» WHAT IS BEING ASKED: Lines from the first one down to the one containing "pub mod Text" in the data below are the only ones needed; please return them exactly, both ends included.

» EXCERPTED RECORDS:
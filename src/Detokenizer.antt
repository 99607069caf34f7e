-- ===== src/Detokenizer.antt =====
-- `IncrementalDecoder` of miniinfer/engine/detokenizer.py. A text is a list of code points. A token
-- that comes in a list or a tensor is its number here. A state is found by its request's id, which
-- is what the references of `decode_batch` to states stand for. The calls to the tokenizer go
-- through a record; the rates that `get_stats` divides are not modelled.
pub mod Text
pub mod Cache
pub mod Advance
pub mod Stream
pub mod Batched
use mini_infer.Prelude.{
  ℕ, zero, suc, ◌+◌, ◌-◌, ◌*◌, ◌/◌, ◌≤◌, ◌≡◌, Bool, true, false, not, ◌&&◌, Option, none, some,
  List, [], ◌∷◌, ◌++◌, map, ltb, leb, ◌==◌, if◌then◌else◌, length, take, drop, get_or, count, sum,
}
use mini_infer.Detokenizer.Text.{find_valid_utf8_boundary}

-- The tokenizer and Python's hash. A tokenizer whose signature does not have
-- `clean_up_tokenization_spaces` raises TypeError when it is passed, and that is the only TypeError.
pub record Tokenizer : Type 0 where
  pub accepts_clean_up : Bool
  pub decode_ids : Bool → Option Bool → List ℕ → List ℕ
  pub batch_decode_ids : Option (Bool → Option Bool → List (List ℕ) → List (List ℕ))
  pub eos_token_id : Option ℕ
  pub hash : List ℕ → ℕ

pub record DecodeState : Type 0 where
  pub token_ids : List ℕ
  pub text : List ℕ
  pub read_offset : ℕ
  pub surr_offset : ℕ
  pub finished : Bool
  pub dirty : Bool
  pub output_text : List ℕ

abbrev pub new_state : DecodeState
new_state = record {
  token_ids = [];
  text = [];
  read_offset = 0;
  surr_offset = 0;
  finished = false;
  dirty = false;
  output_text = [];
}

-- Dictionaries are association lists, the oldest entry first.
pub record Decoder : Type 0 where
  pub skip_special_tokens : Bool
  pub clean_up_tokenization_spaces : Option Bool
  pub states : List (ℕ × DecodeState)
  pub decode_cache_size : ℕ
  pub decode_cache : List (ℕ × List ℕ)
  pub cache_hits : ℕ
  pub cache_misses : ℕ

unfoldable pub new_decoder : Bool → Option Bool → Decoder
new_decoder skip_special_tokens clean_up = record {
  skip_special_tokens = skip_special_tokens;
  clean_up_tokenization_spaces = clean_up;
  states = [];
  decode_cache_size = 1024;
  decode_cache = [];
  cache_hits = 0;
  cache_misses = 0;
}

-- `dict.get`, `dict[k] = v`, `del dict[k]`.
unfoldable pub find {ℓ} : {A : Type ℓ} → ℕ → List (ℕ × A) → Option A
find k [] = none
find k ((j, v) ∷ entries) = if j == k then some v else find k entries

unfoldable pub put {ℓ} : {A : Type ℓ} → ℕ → A → List (ℕ × A) → List (ℕ × A)
put k v [] = (k, v) ∷ []
put k v ((j, w) ∷ entries) = if j == k then (k, v) ∷ entries else (j, w) ∷ put k v entries

unfoldable pub remove {ℓ} : {A : Type ℓ} → ℕ → List (ℕ × A) → List (ℕ × A)
remove k [] = []
remove k ((j, w) ∷ entries) = if j == k then entries else (j, w) ∷ remove k entries

-- `full_text[start:stop]`
abbrev pub slice : List ℕ → ℕ → ℕ → List ℕ
slice xs start stop = take (stop - start) (drop start xs)

-- The keyword that the first call passes, or does without after a TypeError.
abbrev pub accepted : Tokenizer → Option Bool → Option Bool
accepted t none = none
accepted t (some b) = if t.accepts_clean_up then some b else none

abbrev pub or_else : Option ℕ → Option ℕ → Option ℕ
or_else none o = o
or_else (some n) o = some n

-- `token_id == eos_id`, false where there is no end token.
abbrev pub is_token : ℕ → Option ℕ → Bool
is_token token none = false
is_token token (some e) = token == e

-- `get_or_create_state`, without and with its effect.
abbrev pub state_or_new : Option DecodeState → DecodeState
state_or_new none = new_state
state_or_new (some s) = s

unfoldable pub get_or_create_state : ℕ → Decoder → DecodeState × Decoder
unfolding find put
get_or_create_state req_id d =
    let s = state_or_new (find req_id d.states) in (s, record d { states = put req_id s d.states })

abbrev pub store_state : ℕ → DecodeState → Decoder → Decoder
store_state req_id s d = record d { states = put req_id s d.states }

module _ (t : Tokenizer) where
  unfoldable pub decode_text : Decoder → List ℕ → List ℕ
  decode_text d token_ids =
      t.decode_ids d.skip_special_tokens (accepted t d.clean_up_tokenization_spaces) token_ids

  unfoldable pub batch_decode : Decoder → List (List ℕ) → List (List ℕ)
  batch_decode d seqs = elim t.batch_decode_ids [
    | none ↦ map (decode_text d) seqs
    | some f ↦ f d.skip_special_tokens (accepted t d.clean_up_tokenization_spaces) seqs
  ]

  -- A full cache loses its older half first.
  abbrev pub make_room : Decoder → List (ℕ × List ℕ)
  make_room d =
      if leb d.decode_cache_size (length d.decode_cache)
      then drop (d.decode_cache_size / 2) d.decode_cache
      else d.decode_cache

  abbrev pub cached : Option (List ℕ) → List ℕ → Decoder → List ℕ × Decoder
  cached (some text) token_ids d = (text, record d { cache_hits = d.cache_hits + 1 })
  cached none token_ids d = (
    decode_text d token_ids,
    record d {
      cache_misses = d.cache_misses + 1;
      decode_cache = make_room d ++ (t.hash token_ids, decode_text d token_ids) ∷ [];
    },
  )

  unfoldable pub decode_with_cache : List ℕ → Decoder → List ℕ × Decoder
  unfolding find
  decode_with_cache token_ids d = cached (find (t.hash token_ids) d.decode_cache) token_ids d

-- What a decoded text makes of a state: the delta, and the state after it. `final` outputs the rest.
unfoldable pub advance : Bool → List ℕ → DecodeState → List ℕ × DecodeState
unfolding find_valid_utf8_boundary
advance true full_text s =
    let delta = drop s.read_offset full_text in
    (
      delta,
      record s {
        text = full_text;
        dirty = false;
        read_offset = length full_text;
        output_text = s.output_text ++ delta;
      },
    )
advance false full_text s =
    let safe_end = find_valid_utf8_boundary full_text s.read_offset in
    let delta = slice full_text s.read_offset safe_end in
    if leb safe_end s.read_offset then ([], record s { text = full_text; dirty = false }) else (
      delta,
      record s {
        text = full_text;
        dirty = false;
        read_offset = safe_end;
        output_text = s.output_text ++ delta;
      },
    )

abbrev pub is_empty {ℓ} : {A : Type ℓ} → List A → Bool
is_empty [] = true
is_empty (x ∷ xs) = false

module _ (t : Tokenizer) where
  unfoldable pub incremental_decode : Bool → DecodeState → Decoder → List ℕ × DecodeState × Decoder
  unfolding advance decode_with_cache
  incremental_decode final s d =
      let (full_text, d') = decode_with_cache t s.token_ids d in
      let (delta, s') = advance final full_text s in
      if is_empty s.token_ids then ([], s, d) else (delta, s', d')

  -- The part of `decode` for a state that is not finished.
  abbrev pub decode_token : ℕ → ℕ → Bool → DecodeState → Decoder → (List ℕ × Bool) × Decoder
  decode_token req_id token_id is_eos s d =
      let s1 = record s { token_ids = s.token_ids ++ token_id ∷ []; dirty = true } in
      let (delta, s2, d') = incremental_decode is_eos s1 d in
      let s3 = record s2 { finished = if is_eos then true else s2.finished } in
      ((delta, is_eos), store_state req_id s3 d')

  unfoldable pub decode : ℕ → ℕ → Option ℕ → Decoder → (List ℕ × Bool) × Decoder
  unfolding get_or_create_state incremental_decode
  decode req_id token_id eos_token_id d =
      let (s, d') = get_or_create_state req_id d in
      let is_eos = is_token token_id (or_else eos_token_id t.eos_token_id) in
      if s.finished then (([], true), d') else decode_token req_id token_id is_eos s d'

  abbrev pub flush_state : ℕ → Option DecodeState → Decoder → List ℕ × Decoder
  flush_state req_id none d = ([], d)
  flush_state req_id (some s) d =
      let (delta, s', d') = incremental_decode true s d in (delta, store_state req_id s' d')

  unfoldable pub flush : ℕ → Decoder → List ℕ × Decoder
  unfolding incremental_decode
  flush req_id d = flush_state req_id (find req_id d.states) d

unfoldable pub get_full_text : ℕ → Decoder → List ℕ
unfolding find
get_full_text req_id d = elim (find req_id d.states) [ none ↦ [] | some s ↦ s.text ]

unfoldable pub get_output_tokens : ℕ → Decoder → List ℕ
unfolding find
get_output_tokens req_id d = elim (find req_id d.states) [ none ↦ [] | some s ↦ s.token_ids ]

unfoldable pub cleanup : ℕ → Decoder → Decoder
unfolding remove
cleanup req_id d = record d { states = remove req_id d.states }

unfoldable pub cleanup_all : Decoder → Decoder
cleanup_all d = record d { states = [] }

unfoldable pub is_finished : ℕ → Decoder → Bool
unfolding find
is_finished req_id d = elim (find req_id d.states) [ none ↦ false | some s ↦ s.finished ]

unfoldable pub clear_cache : Decoder → Decoder
clear_cache d = record d { decode_cache = []; cache_hits = 0; cache_misses = 0 }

» SOLUTION:
filename src/Detokenizer.antt
repository 99607069caf34f7e
-- ===== src/Detokenizer.antt =====
-- `IncrementalDecoder` of miniinfer/engine/detokenizer.py. A text is a list of code points. A token
-- that comes in a list or a tensor is its number here. A state is found by its request's id, which
-- is what the references of `decode_batch` to states stand for. The calls to the tokenizer go
-- through a record; the rates that `get_stats` divides are not modelled.
pub mod Text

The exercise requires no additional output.